# Welcome Bruce Richardson



## Scott Cairns (Dec 18, 2004)

Id like to extend a welcome to Bruce Richardson.

His knowledge and experience will be a valuable asset to this forum.

I also happen to like his humour. (please tell us more about the co-eds Bruce )


----------



## lux (Dec 18, 2004)

welcome Bruce!

Luca


----------



## Beel (Dec 20, 2004)

*Welcome indeed*

Oh cool ! Bruce is here.
Well, though he is a mighty mac hater he is one of the smartest guys in the business.

Welcome !

Best 
Holger


----------



## handz (Dec 20, 2004)

*Re: Welcome indeed*



Beel said:


> Oh cool ! Bruce is here.
> Well, though he is a mighty mac hater he is one of the smartest guys in the business.
> 
> Welcome !
> ...




All mac haters are welcomed!!!


----------



## Lex (Dec 20, 2004)

hahaha...cool...

Bruce is here!

Welcome Bruce..

aLex


----------



## Ned Bouhalassa (Dec 20, 2004)

Wait a second now... How do we know Bruce is *really* amongst us?
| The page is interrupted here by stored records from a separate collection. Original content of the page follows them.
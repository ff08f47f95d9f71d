-- ===== src/Base/Strings.antt =====
-- JavaScript strings as lists of UTF-16 code units, and the methods of `String` that are used.
use Prim.Native.Nat.{ℕ, ◌≤◌}
use Prim.Native.Char.{code}
use Prim.Native.String.{String}
use mathlib.Core.Path.{◌≡◌, refl}
use mathlib.Core.Bool.{Bool, true, false, ◌&&◌, ◌||◌}
use mathlib.Core.Logic.{inl, inr}
use mathlib.Core.List.{List, [], ◌∷◌, reverse}
use native.Mathlib.Omega.{arith}
use centos_info_collect.Base.Tests.{leb, ◌==◌, ℕ_eq, if◌then◌else◌, Bool-cases}
use centos_info_collect.Base.Lists.{length, length-reverse}

abbrev pub Text : Type 0
Text = List ℕ

-- The code units of a literal, every character of which is in the basic plane.
abbrev pub codes : String → Text
codes String.[] = []
codes (String.◌∷◌ c s) = code c ∷ codes s

-- White space and line terminators: what `trim` removes and what `\s` matches.
unfoldable pub is_space : ℕ → Bool
is_space c =
    (leb 9 c && leb c 13)
    || c == 32
    || c == 160
    || c == 5760
    || (leb 8192 c && leb c 8202)
    || c == 8232
    || c == 8233
    || c == 8239
    || c == 8287
    || c == 12288
    || c == 65279

unfoldable pub trim_start : Text → Text
trim_start [] = []
trim_start (c ∷ s) = if is_space c then trim_start s else c ∷ s

unfoldable pub trim : Text → Text
unfolding trim_start is_space
trim s = reverse (trim_start (reverse (trim_start s)))

abbrev pub starts_with : Text → Text → Bool
starts_with [] s = true
starts_with (c ∷ p) [] = false
starts_with (c ∷ p) (d ∷ s) = c == d && starts_with p s

-- the method `includes`
unfoldable pub includes : Text → Text → Bool
includes p [] = starts_with p []
includes p (d ∷ s) = starts_with p (d ∷ s) || includes p s

pub length-trim_start : (s : Text) → length (trim_start s) ≤ length s
unfolding trim_start
length-trim_start [] = omega arith
length-trim_start (c ∷ s) = ground (arith, length-trim_start s)

pub length-trim : (s : Text) → length (trim s) ≤ length s
unfolding trim
length-trim s = rw length-reverse (
    omega (
      arith,
      length-trim_start (reverse (trim_start s)),
      length-reverse (trim_start s),
      length-trim_start s,
    ))

-- A text that begins with no space is what `trim_start` keeps.
abbrev pub NoSpaceFirst : Text → Type 0
NoSpaceFirst [] = Unit
NoSpaceFirst (c ∷ _) = is_space c ≡ false

pub trim_start-NoSpaceFirst : (s : Text) → NoSpaceFirst (trim_start s)
unfolding trim_start
trim_start-NoSpaceFirst [] = tt
trim_start-NoSpaceFirst (c ∷ s) = elim (Bool-cases (is_space c)) [
  | inl e ↦ rw e (trim_start-NoSpaceFirst s)
  | inr e ↦ rw e e
]

pub trim_start_of_NoSpaceFirst : (s : Text) → NoSpaceFirst s → trim_start s ≡ s
unfolding trim_start
trim_start_of_NoSpaceFirst [] h = refl
trim_start_of_NoSpaceFirst (c ∷ s) h = rw h

abbrev pub extend_first : ℕ → List Text → List Text
extend_first c [] = (c ∷ []) ∷ []
extend_first c (s ∷ ss) = (c ∷ s) ∷ ss

-- the method `split` with a separator of one code unit
unfoldable pub split : ℕ → Text → List Text
split c [] = [] ∷ []
split c (d ∷ s) = if d == c then [] ∷ split c s else extend_first d (split c s)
Scott, do you have photographic proof? DNA testing anyone? Until I see some kind of heat-trace, or a fairly long rant against all things non-Giga, I'm going to hold off my welcome... :wink:

PS: Co-eds?!! 

PPS: Is it true that Bruce is thinking of buying an iPod??? :shock:


----------



## Scott Cairns (Dec 20, 2004)

Ned Bouhalassa said:


> Wait a second now... How do we know Bruce is *really* amongst us? Scott, do you have photographic proof? DNA testing anyone? Until I see some kind of heat-trace, or a fairly long rant against all things non-Giga, I'm going to hold off my welcome... :wink:
> 
> PS: Co-eds?!!
> 
> PPS: Is it true that Bruce is thinking of buying an iPod??? :shock:



Hehehe. You're right of course Ned.  I just saw at one point that our newest member was Bruce Richardson. Its probably some other Bruce Richardson from Omaha Nebraska wondering what all the fuss is about! :wink:


----------



## PolarBear (Dec 20, 2004)

Welcome http://www.sanctusangelis.com/forum/profile.php?mode=viewprofile&u=172 (Bruce)! :D

PolarBear


----------



## Simon Ravn (Dec 20, 2004)

Interesting that Bruce himself is absent from this thread. Maybe he's not really here


----------



## fv (Dec 20, 2004)

If so, his ears much be burning  he he he


----------



## Frederick Russ (Dec 24, 2004)

Wow I feel deprived - I never had a welcome post where I myself wasn't participating. LOL - must be a popular guy  

Anyway - welcome where ever your are - excuse the mess here, we're picking up the pieces from a net worm attack.


----------



## elith (Dec 25, 2004)

PPS: Is it true that Bruce is thinking of buying an iPod??? :shock:[/quote]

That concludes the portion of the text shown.